Biospecimens, Research Consent, and Distinguishing Cell Line Research

Author Affiliations
  • 1Department of Obstetrics and Gynecology, University of Michigan Medical School, Ann Arbor
  • 2Center for Bioethics and Social Sciences in Medicine, University of Michigan Medical School, Ann Arbor
  • 3Department of Medical Ethics and Health Policy, Perelman School of Medicine, University of Pennsylvania, Philadelphia
  • 4Department of Otolaryngology–Head and Neck Surgery, University of Michigan Medical School, Ann Arbor
JAMA Oncol. 2019;5(3):406-410. doi:10.1001/jamaoncol.2018.6988

Newly revised regulations for human research affecting translational oncology will become effective in January 2019. A substantial component of the debate leading to this revision was how to regulate biospecimen research; specifically, whether all biospecimens should be considered inherently “identifiable,” thereby necessitating informed consent for use in research.

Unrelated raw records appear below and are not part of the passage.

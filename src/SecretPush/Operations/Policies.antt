-- ===== src/SecretPush/Operations/Policies.antt =====
-- secretpush/operations.go: the deletion policy.
use componator_aws_providers.Prelude.{
  String, ◌≡◌, refl, ◌≢◌, ◌⊎◌, inl, inr, Bool, true, false, List, [], ◌∷◌, ◌==◌, arith, eq_iff,
  Bool-cases,
}
use componator_aws_providers.Go.{GoError, text, str}
use componator_aws_providers.Go.Flow.{
  ok, err, pure, ◌>>◌, ◌or_return◌, body, rescue, continue, merge, Result-cases,
}
use componator_aws_providers.Aws.{Checker}
use componator_aws_providers.Toolkit.{
  ActionResult, action_success, action_failure, action_result_for_error, action_status,
}
use componator_aws_providers.SecretPush.Config.{retain, SecretPushSpec, SecretPushStatus}
use componator_aws_providers.SecretPush.Client.{SecretsClient}
use componator_aws_providers.SecretPush.Calls.{Marshal, is_resource_not_found, delete_secret}
use componator_aws_providers.SecretPush.Operations.{failed, delete_action}

module _ {W : Type 0} (marshal : Marshal) (region : String) (checkers : List Checker)
    (client : SecretsClient W) where
  -- Where the status has no secret, or the policy is to retain it, neither the status nor the world
  -- changes.
  pub delete_action_kept :
      (spec : SecretPushSpec) (status : SecretPushStatus) (w : W)
      → (status.secret_arn ≡ "") ⊎ (spec.deletion_policy ≡ retain)
      → let result = delete_action marshal region checkers client spec status w in
        (action_status result.0 ≡ status) × (result.1 ≡ w)
  unfolding delete_action
  delete_action_kept spec status w h =
      ground (arith, h, eq_iff status.secret_arn "", eq_iff spec.deletion_policy retain)

-- What the service does with a secret that is deleted without a time for recovery: a success, and an
-- error that says that it is not found, leave none of that ARN there.
pub record DeletesSecrets {W : Type 0} (client : SecretsClient W) (there : W → String → Bool)
    : Type 0 where
  pub deleted :
      (arn : String) (w : W)
      → (client.delete_secret arn true w).0 ≡ ok tt
      → there (client.delete_secret arn true w).1 arn ≡ false
  pub not_found :
      (arn : String) (w : W) (e : GoError)
      → (client.delete_secret arn true w).0 ≡ err e
      → is_resource_not_found e ≡ true
      → there (client.delete_secret arn true w).1 arn ≡ false

module _ {W : Type 0} (marshal : Marshal) (region : String) (checkers : List Checker)
    (client : SecretsClient W) (there : W → String → Bool) (deletes : DeletesSecrets client there)
    (spec : SecretPushSpec) (status : SecretPushStatus) (w : W) where
  -- There is a secret to delete.
  abbrev IsAsked : Type 0
  IsAsked = (status.secret_arn ≢ "") × (spec.deletion_policy ≢ retain)

  -- How a deletion ends.
  abbrev pub Deleted : ActionResult SecretPushStatus × W → Type 0
  Deleted (action_success s m, w') =
      (s ≡ status)
      × ((((status.secret_arn ≡ "") ⊎ (spec.deletion_policy ≡ retain)) × (w' ≡ w))
          ⊎ (IsAsked × (there w' status.secret_arn ≡ false)))
  Deleted (action_failure s m, w') = ⊥
  Deleted (action_result_for_error s e c, w') = (s ≡ status) × IsAsked

  sent-Deleted :
      IsAsked
      → Deleted (
          body
            (do
              delete_secret client status.secret_arn
                  or_return failed marshal region checkers client status
              pure (action_success status (text "Deleted secret %s" (str spec.secret_name ∷ []))))
            w)
  unfolding delete_secret
  sent-Deleted asked = elim (Result-cases (client.delete_secret status.secret_arn true w).0) [
    | inr (u, h) ↦
        rw (h, rescue, continue, merge) (refl, inr (asked, deletes.deleted status.secret_arn w h))
    | inl (e, h) ↦ elim (Bool-cases (is_resource_not_found e)) [
      | inl gone ↦
          rw (h, rescue)
            (rw (gone, continue, merge)
              (refl, inr (asked, deletes.not_found status.secret_arn w e h gone)))
      | inr other ↦ rw (h, rescue) (rw (other, continue, merge) (refl, asked))
    ]
  ]

  -- If the status has no secret or the policy is to retain it, `deleteAction` succeeds and the world
  -- is as before. Otherwise it asks the service for the deletion: its success means that no secret of
  -- the ARN is there any more, and any other result is an error. The status never changes.
  pub delete_action-Deleted : Deleted (delete_action marshal region checkers client spec status w)
  unfolding delete_action
  delete_action-Deleted = elim (Bool-cases (status.secret_arn == "")) [
    | inl none ↦ rw none (refl, inl (inl ((eq_iff status.secret_arn "").0 none), refl))
    | inr some ↦ elim (Bool-cases (spec.deletion_policy == retain)) [
      | inl kept ↦
          rw (some, kept) (refl, inl (inr ((eq_iff spec.deletion_policy retain).0 kept), refl))
      | inr sent ↦
          rw (some, sent)
            (sent-Deleted (
              λ e. ground (arith, some, (eq_iff status.secret_arn "").1 e),
              λ e. ground (arith, sent, (eq_iff spec.deletion_policy retain).1 e),
            ))
    ]
  ]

The famous cases seminal to this discussion involve cancer cell lines, but the unique features of this kind of biospecimen research were largely missing from the regulatory deliberation. However, special aspects of cell line research—at the stages of procurement, generation, evolution, and sharing—alter how society should balance participant interests against the goals of research. Recommendations are offered to cancer researchers and policymakers going forward to enable ethically appropriate regulation of biospecimen research across its diverse spectrum.